From my various road trips (Alice Springs, Melbourne, Falls Creek, Eyre Peninsula, York Peninsula, Flinders Ranges etc.) I have deduced that most of this country really is just the same. The great, endless nothing. Purists would argue otherwise, claiming that I am overlooking the nuances and spirit of the land, but in my opinion it is thousands of kilometres of arid red soil carpeted with shrubs and decorated with the odd weatherbeaten tree. Let's not forget the ravages of salinity and the misuse of natural resources, we drove through the desert rice regions, oh don't get me started.
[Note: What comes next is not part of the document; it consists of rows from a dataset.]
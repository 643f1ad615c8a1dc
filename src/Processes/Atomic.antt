-- ===== src/Processes/Atomic.antt =====
-- An operation of src/registry.c whose body, between urt_global_sem_wait and urt_global_sem_post, is one
-- function of the registry.
use urt.Global.{Internal, M, ◌>>=◌, ◌>>◌, get_mem, put_mem, global_sem_wait, global_sem_post}

-- What an operation makes of the registry.
abbrev pub Body : Type 0
Body = Internal → Internal

abbrev pub atomically : Body → M (Unit {0})
atomically f = global_sem_wait >> (get_mem >>= λ m. put_mem (f m) >> global_sem_post)
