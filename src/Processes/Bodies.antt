-- ===== src/Processes/Bodies.antt =====
-- The operations of src/registry.c as bodies between one wait and one post of the global semaphore.
use urt.Base.{ℕ, Option, none, some, List, ◌==◌, if◌then◌else◌, length}
use urt.Global.{World}
use urt.Registry.{find_by_name, free_index, reserve_at, inc_at}
use urt.Processes.Atomic.{Body}

abbrev pub reserve_body : List ℕ → Body
reserve_body name m = elim (find_by_name m name) [
  | some _ ↦ m
  | none ↦ if free_index m == length m.objects then m else reserve_at m (free_index m) name
]

abbrev pub attach_body : List ℕ → Body
attach_body name m = elim (find_by_name m name) [ none ↦ m | some i ↦ inc_at m i ]

-- What an operation does, without its result.
abbrev pub effect : {A : Type 0} → Option (A × World) → Option (Unit {0} × World)
effect none = none
effect (some (a, w)) = some (tt, w)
All undulation ceases on the Hay Plain, and sparkling bitumen carries monster trucks over mind-numbing expanses (which admittedly possess a stark and serene beauty). We had so many good CDs and sang our way across the land, waving to road workers and honking at parallel trains.
We spent a night in Balranald. It was a reasonable motel with a restaurant offering a range of country cooked 'delights'. I guess I've become a bit pretentious in my urban days. (And Southern NSW was as far from a city as I've been for a while!) Day two brought us to the regional city of Wagga Wagga, help yourself it was nice enough but I could never live there. Finally we joined the Hume highway, double carriageway again and it was plain sailing into Sydney (depite a near-miss with Canberra).
Well, almost plain sailing, if you ignore the fact that Sydney offers no opportunity for right-hand turns and has as esoteric a road network as I've ever seen. That's what you get when you build upon bullock tracks, I suppose.
I love a good road trip, despite the reasonable probability of death. There are some psychos out there, but we played it safe. And drove. And drove. And drove.